# Melanotan sides



## madasf*ck (Oct 25, 2008)

Guys

Been on melanotan 2 for a couple off weeks got a good tan from it didn't load up heavy as I tan really easily. Get facial flushs after jabbing which aint a problem as I do it pm before bed. However I've had sore itchy eyes nearly all the time. Is this a common side? Amyone else had this


----------



## BoomTime (Feb 19, 2009)

i am starting my melanotan cycle today, and from what i have researched its not a commen one matey...could be the facial flushing effecting your eyes or something?


----------



## Jimmy_Cricket (Aug 3, 2006)

are your eyes stringy by any chance? I started on MT2 again a couple of days ago and my eyes have been really stingy when looking at pc screen. Never had this previous times i've taken it though.


----------



## madasf*ck (Oct 25, 2008)

No mate not stringy, just sore were i feel like rubbing them, its not that bad dont get me wrong, just annoying, apart from that im well impressed with it,

Th flushing aint bad either get a bit but am normally straight to sleep after,


----------



## uknumbr14 (Sep 24, 2007)

I used it for a months course, turned my lips blue and blueish marks underneath my skin developed that have thankfully gone!! Imagine walking into places with blue lips, got some bazeerk looks, that was me and melanotan done with!!


----------



## madasf*ck (Oct 25, 2008)

Bloody Hell mate blue lips sound weird :laugh:

Dont think me missus would be impressed with that especially with the wedding coming up in the summer.

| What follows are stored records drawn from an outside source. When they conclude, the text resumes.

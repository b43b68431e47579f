-- ===== src/Tests/Stops.antt =====
-- A stop of a sandbox whose container is running: the container exits between two polls.
use mathlib.Core.List.{Memᴰ}
use cri_containerd.Base.{ℕ, ◌+◌, refl, ◌≡◌, inl, inr, [], ◌∷◌, ok}
use cri_containerd.Base.Int.{pos}
use cri_containerd.Base.Keep.{head_or_tail}
use cri_containerd.Map.{lookup, values}
use cri_containerd.Store.Status.{Status, state}
use cri_containerd.Store.Container
use cri_containerd.Store.Sandbox
use cri_containerd.Service.{State, Env, timed_out}
use cri_containerd.Service.Stream.{wait_for}
use cri_containerd.Containers.Stop.{run_stop, kill_container, wait_container_stop, poll_loop, poll}
use cri_containerd.Containers.Stop.Undisturbed.{Undisturbed}
use cri_containerd.Sandboxes.Stop.{stop_pod_sandbox, stop_sandbox_container}
use cri_containerd.Sandboxes.Stop.Outcome.{Down, Down-WorldFree, stop_pod_sandbox-Down}
use cri_containerd.Tests.Toy.{toy, service, pod, web, running_status}

abbrev gone : Status
gone = record running_status { pid = 0; finished_at = pos 990; exit_code = pos 137 }

-- another goroutine handles the exit
abbrev exit_tick : State ℕ → State ℕ
exit_tick s = record s { heap = record { next = s.heap.next; cell = λ a. gone } }

abbrev exiting : Env
exiting = record toy {
  waits = λ id timeout n. (record { ticks = exit_tick ∷ []; last = timed_out }, n + 1);
}

undisturbed : Undisturbed exiting (Down web 0)
unfolding state
undisturbed = record {
  free = Down-WorldFree web 0;
  ticks = λ id timeout w tick m s h. elim (head_or_tail m) [
    | inl e ↦ rw e (inl (λ q. cc))
    | inr none_left ↦ elim none_left [ ]
  ];
}

stopped : (stop_pod_sandbox exiting "s1" (service running_status)).0 ≡ ok tt
unfolding wait_for stop_pod_sandbox Sandbox.get lookup Container.list values run_stop state
    kill_container wait_container_stop poll_loop poll Container.get stop_sandbox_container
stopped = refl

pod_found : Sandbox.get "s1" (service running_status).sandboxes ≡ ok pod
unfolding Sandbox.get lookup
pod_found = refl

listed : Memᴰ web (Container.list (service running_status).containers)
unfolding Container.list values
listed = Memᴰ.head refl

stop_pod_sandbox-Down_example :
    Down web 0 (stop_pod_sandbox exiting "s1" (service running_status)).1
stop_pod_sandbox-Down_example =
    stop_pod_sandbox-Down exiting web 0 undisturbed "s1" pod (service running_status) pod_found refl
      refl listed stopped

Like i said i only did 0.5mg per day for 5 days in the loading phase and have just done 1.0mg a week from now on, i tan very easily anyway so didnt want to go too mad,

trying to jsut maintain a steady tan not too dark


----------



## lostwars (Nov 7, 2008)

as a research product do you guys ever wonder if there could be repercussions down the road from its use? i plan to use it for 5-6 wks starting in june it will be my 1st time,

how long have ppl been using melanotan as a tanning agent and has there been any bad press about it in that time

i dont think its been around to long so probably isnt any news on it yet, it hasnt been approved for tanning use by any goverment yet why is that, studies still ongoing, ie the name research product


----------



## The_Kernal (Apr 5, 2008)

Not heard that as a side and i use it all the time.

Kernal


----------



## madasf*ck (Oct 25, 2008)

Yeah I know what you mean. It has crossed my mind. I'm sure there's guys on here been using it for a while so maybe they can answer.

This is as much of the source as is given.